The novel non-imidazole histamine H₃ receptor antagonist DL77 reduces voluntary alcohol intake and ethanol-induced conditioned place preference in mice

It has become clear that histamine H₃ receptors (H₃R) have been implicated in modulating ethanol intake and preference in laboratory animals. The novel non-imidazole H₃R antagonist DL77 with excellent selectivity profile shows high in-vivo potency as well as in-vitro antagonist affinity with ED₅₀ of 2.1±0.2mg/kg and pK_i=8.08, respectively. In the present study, and applying an unlimited access two-bottle choice procedure, the anti-alcohol effects of the H₃R antagonist, DL77 (0, 3, 10 and 30mg/kg; i.p.), were investigated in adult mice. In this C57BL/6 line, effects of DL77 on voluntary alcohol intake and preference, as well as on total fluid intake were evaluated. Results have shown that DL77, dose-dependently, reduced both ethanol intake and preference. These effects were very selective as both saccharin and quinine, used to control for taste sensitivity, and intakes were not affected following DL77 pre-application. More importantly, systemic administration of DL77 (10mg/kg) during acquisition inhibited ethanol-induced conditioned-place preference (EtOH-CPP) as measured using an unbiased protocol.

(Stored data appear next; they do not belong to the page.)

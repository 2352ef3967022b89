-- ===== src/Model/Wildcard.antt =====
-- `wildcard_match` of app/core/policy.py: `re.fullmatch` of the pattern in which each `*` became
-- `.*`, so a `*` takes any run of code points without a line feed. `same` is the comparison of two
-- code points under `re.IGNORECASE`.
use llm_aio_gateway.Prelude.{
  ℕ, Bool, true, false, not, ◌&&◌, ◌||◌, List, [], ◌∷◌, ◌==◌, nat_eq, if◌then◌else◌, String, codes,
}

-- `.*` and then the rest of the pattern
unfoldable pub star : (List ℕ → Bool) → List ℕ → Bool
star rest [] = rest []
star rest (c ∷ cs) = rest (c ∷ cs) || (not (c == 10) && star rest cs)

abbrev pub first_is : (ℕ → Bool) → (List ℕ → Bool) → List ℕ → Bool
first_is test rest [] = false
first_is test rest (c ∷ cs) = test c && rest cs

abbrev pub at_end : List ℕ → Bool
at_end [] = true
at_end (c ∷ cs) = false

module _ (same : ℕ → ℕ → Bool) where
  unfoldable pub full_match : List ℕ → List ℕ → Bool
  unfolding star
  full_match [] cs = at_end cs
  full_match (p ∷ ps) cs =
      if p == b'*' then star (full_match ps) cs else first_is (same p) (full_match ps) cs

  unfoldable pub wildcard_match : String → String → Bool
  unfolding full_match
  wildcard_match pattern value = full_match (codes pattern) (codes value)
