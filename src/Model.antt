-- ===== src/Model.antt =====
-- Model names: `ModelId` of app/database.py, `wildcard_match` of app/core/policy.py, and the allow
-- lists of app/router/proxy.py.
mod Id
mod Wildcard
pub mod IdLaws
pub mod WildcardLaws
mod Allow
pub mod AllowLaws
mod Tests
pub use Id.{ModelId}
pub use Allow.{Verdict}
unfoldable pub use Id.{cut_slash, after_last_slash, parse, composite, is_composite, equals_text}
unfoldable pub use Wildcard.{star, full_match, wildcard_match}
unfoldable pub use Allow.{
  allowed_models_for, entry_allows, model_allowed_by_list, deny, ensure_model_allowed,
  effective_target, ensure_routed_model_allowed,
}
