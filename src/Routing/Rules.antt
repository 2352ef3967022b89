-- ===== src/Routing/Rules.antt =====
-- `apply_routing_rules` of app/core/policy.py, over the rules as the database returns them
-- (`normalize_rule` of app/db/routing.py). The decision's `reason` is a text for the log.
use llm_aio_gateway.Prelude.{
  ℕ, String, Bool, true, false, not, ◌&&◌, ◌||◌, Option, none, some, List, [], ◌∷◌, ◌==◌, nat_eq,
  string_eq, if◌then◌else◌, is_nonempty, codes,
}
use llm_aio_gateway.Model.{parse, is_composite, wildcard_match}

pub record RouteTarget : Type 0 where
  pub model : String
  pub provider_id : String

-- `match_scope` after `normalize_rule`
pub data Scope : Type 0 where
  any_scope unqualified qualified : Scope

-- `normalize_rule`, of a scope already in lower case
unfoldable pub scope_of : String → Scope
scope_of s =
    if s == "unqualified" then unqualified else if s == "qualified" then qualified else any_scope

pub record Rule : Type 0 where
  pub id : String
  pub name : String
  pub enabled : Bool
  pub username : String
  pub api_key_pattern : String
  pub match_model : String
  pub match_scope : Scope
  pub target_model : String
  pub target_provider : String

pub record RoutingDecision : Type 0 where
  pub requested_model : String
  pub resolved_model : String
  pub target : RouteTarget
  pub matched : Bool
  pub rule_id : Option String
  pub rule_name : String
  pub source : String

abbrev pub starts : List ℕ → List ℕ → Bool
starts [] cs = true
starts (p ∷ ps) [] = false
starts (p ∷ ps) (c ∷ cs) = p == c && starts ps cs

-- `needle in hay`
unfoldable pub occurs_in : List ℕ → List ℕ → Bool
occurs_in needle [] = starts needle []
occurs_in needle (c ∷ cs) = starts needle (c ∷ cs) || occurs_in needle cs

unfoldable pub decide : String → String → Rule → RoutingDecision
decide requested resolved rule = record {
  requested_model = requested;
  resolved_model = resolved;
  target = record {
    model = if is_nonempty rule.target_model then rule.target_model else resolved;
    provider_id = rule.target_provider;
  };
  matched = true;
  rule_id = some rule.id;
  rule_name = rule.name;
  source = "routing_rule";
}

unfoldable pub no_rule : String → String → RoutingDecision
no_rule requested resolved = record {
  requested_model = requested;
  resolved_model = resolved;
  target = record { model = resolved; provider_id = "" };
  matched = false;
  rule_id = none;
  rule_name = "";
  source = "default";
}

module _ (same : ℕ → ℕ → Bool) where
  unfoldable pub scope_matches : Scope → String → String → Bool
  unfolding is_composite
  scope_matches unqualified pattern requested =
      not (is_composite (parse requested)) && wildcard_match same pattern requested
  scope_matches qualified pattern requested =
      is_composite (parse requested) && wildcard_match same pattern requested
  scope_matches any_scope pattern requested =
      wildcard_match same pattern requested
      || (is_composite (parse requested)
          && wildcard_match same pattern (parse requested).model_name)

  -- The tests of the loop's body, each of which goes on to the next rule.
  unfoldable pub rule_matches : String → String → String → Rule → Bool
  unfolding scope_matches occurs_in
  rule_matches username api_key requested rule =
      if not rule.enabled
      then false
      else if is_nonempty rule.username && not (rule.username == username)
      then false
      else if is_nonempty rule.api_key_pattern
          && not (occurs_in (codes rule.api_key_pattern) (codes api_key))
      then false
      else if not (is_nonempty rule.match_model)
      then false
      else scope_matches rule.match_scope rule.match_model requested

  unfoldable pub apply_routing_rules :
      String → String → String → String → List Rule → RoutingDecision
  unfolding rule_matches decide no_rule
  apply_routing_rules username api_key requested resolved [] = no_rule requested resolved
  apply_routing_rules username api_key requested resolved (rule ∷ rules) =
      let rest = apply_routing_rules username api_key requested resolved rules in
      if rule_matches username api_key requested rule then decide requested resolved rule else rest
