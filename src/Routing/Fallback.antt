-- ===== src/Routing/Fallback.antt =====
-- `apply_fallback_policy` of app/core/policy.py, over the policies as the database returns them
-- (`normalize_policy` of app/db/fallback.py), and the clamp of app/db/fallback.py.
use llm_aio_gateway.Prelude.{
  ℕ, min, max, String, Bool, true, false, not, ◌&&◌, ◌||◌, Option, none, some, List, [], ◌∷◌, ◌++◌,
  ◌==◌, nat_eq, string_eq, Bool_eq, if◌then◌else◌, is_nonempty, is_empty, codes, is_space,
}
use llm_aio_gateway.Dict.{Dict, get, get_or}
use llm_aio_gateway.Model.{parse, is_composite, wildcard_match}
use llm_aio_gateway.Routing.Rules.{RouteTarget}

pub record Policy : Type 0 where
  pub id : String
  pub name : String
  pub enabled : Bool
  pub match_provider : String
  pub match_model : String
  pub triggers : Dict String Bool
  -- the entries of the chain, stripped of white space
  pub chain : List RouteTarget
  pub attempt_timeout : ℕ

pub record FallbackDecision : Type 0 where
  pub target : RouteTarget
  pub trigger : String
  pub matched : Bool
  pub policy_id : String
  pub policy_name : String
  pub chain : List RouteTarget
  pub attempt_timeout : ℕ

-- fallback_trigger_enabled
unfoldable pub trigger_enabled : Dict String Bool → String → Bool
unfolding get
trigger_enabled triggers trigger = get_or false (get trigger triggers)

-- `policy.get("match_model", "*") or "*"`
abbrev pub model_pattern : Policy → String
model_pattern p = if is_nonempty p.match_model then p.match_model else "*"

-- _route_targets, from the entries as they are read (a text is a model with no provider, a dict names
-- them by either of two keys, and both are stripped): those without a model are left out.
unfoldable pub route_targets : List RouteTarget → List RouteTarget
route_targets [] = []
route_targets (t ∷ ts) =
    let rest = route_targets ts in if is_nonempty t.model then t ∷ rest else rest

unfoldable pub clamp_timeout : ℕ → ℕ
clamp_timeout n = max 5 (min 3600 n)

-- clamp_attempt_timeout of app/db/fallback.py; `none` is a value that `int` refuses.
unfoldable pub clamp_attempt_timeout : Option ℕ → ℕ → ℕ
clamp_attempt_timeout parsed default = max 5 (min 3600 (get_or default parsed))

skip_space : List ℕ → List ℕ
skip_space [] = []
skip_space (c ∷ cs) = let rest = skip_space cs in if is_space c then rest else c ∷ cs

all_spaces : List ℕ → Bool
all_spaces [] = true
all_spaces (c ∷ cs) = is_space c && all_spaces cs

abbrev star_then_space : List ℕ → Bool
star_then_space [] = false
star_then_space (c ∷ cs) = c == b'*' && all_spaces cs

-- `pattern.strip() == "*"`
unfoldable pub is_catch_all : Policy → Bool
unfolding skip_space all_spaces is_space
is_catch_all p = star_then_space (skip_space (codes (model_pattern p)))

module _ (same : ℕ → ℕ → Bool) where
  unfoldable pub policy_matches : String → String → String → Policy → Bool
  unfolding is_composite trigger_enabled
  policy_matches provider model trigger p =
      if not p.enabled
      then false
      else if is_nonempty p.match_provider && not (p.match_provider == provider)
      then false
      else if not (
          wildcard_match same (model_pattern p) model
          || (is_composite (parse model)
              && wildcard_match same (model_pattern p) (parse model).model_name))
      then false
      else not (is_nonempty trigger && not (trigger_enabled p.triggers trigger))

unfoldable pub decide_fallback : String → String → String → Policy → FallbackDecision
unfolding route_targets clamp_timeout
decide_fallback provider model trigger p =
    let chain = route_targets p.chain in
    record {
      target = record { model = model; provider_id = provider };
      trigger = trigger;
      matched = not (is_empty chain);
      policy_id = p.id;
      policy_name = p.name;
      chain = chain;
      attempt_timeout = clamp_timeout (if p.attempt_timeout == 0 then 60 else p.attempt_timeout);
    }

unfoldable pub no_policy : String → String → String → FallbackDecision
no_policy provider model trigger = record {
  target = record { model = model; provider_id = provider };
  trigger = trigger;
  matched = false;
  policy_id = "";
  policy_name = "";
  chain = [];
  attempt_timeout = 60;
}

-- The loop over the sorted policies.
unfoldable pub first_policy : (Policy → Bool) → List Policy → Option Policy
first_policy test [] = none
first_policy test (p ∷ ps) = let rest = first_policy test ps in if test p then some p else rest

abbrev pub with_catch_all : Bool → List Policy → List Policy
with_catch_all wanted [] = []
with_catch_all wanted (p ∷ ps) =
    let rest = with_catch_all wanted ps in if is_catch_all p == wanted then p ∷ rest else rest

-- `sorted` by the key 1 for a catch-all and 0 for another: a stable sort by a key of two values.
unfoldable pub by_catch_all : List Policy → List Policy
by_catch_all ps = with_catch_all false ps ++ with_catch_all true ps

unfoldable pub apply_fallback_policy :
    (ℕ → ℕ → Bool) → String → String → String → List Policy → FallbackDecision
unfolding policy_matches decide_fallback no_policy first_policy by_catch_all is_catch_all
apply_fallback_policy same provider model trigger policies =
    elim (first_policy (policy_matches same provider model trigger) (by_catch_all policies)) [
      | none ↦ no_policy provider model trigger
      | some p ↦ decide_fallback provider model trigger p
    ]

The anti-alcohol activity observed for DL77 was abrogated when mice were pretreated with the selective H₃R agonist R-(α)-methyl-histamine (RAMH) (10mg/kg), or with the CNS penetrant H₁R antagonist pyrilamine (PYR) (10mg/kg). These results suggest that DL77 has a predominant role in two in vivo effects of ethanol. Therefore, signaling via H₃R is essential for ethanol-related consumption and conditioned reward and may represent a novel therapeutic pharmacological target to tackle ethanol abuse and alcoholism.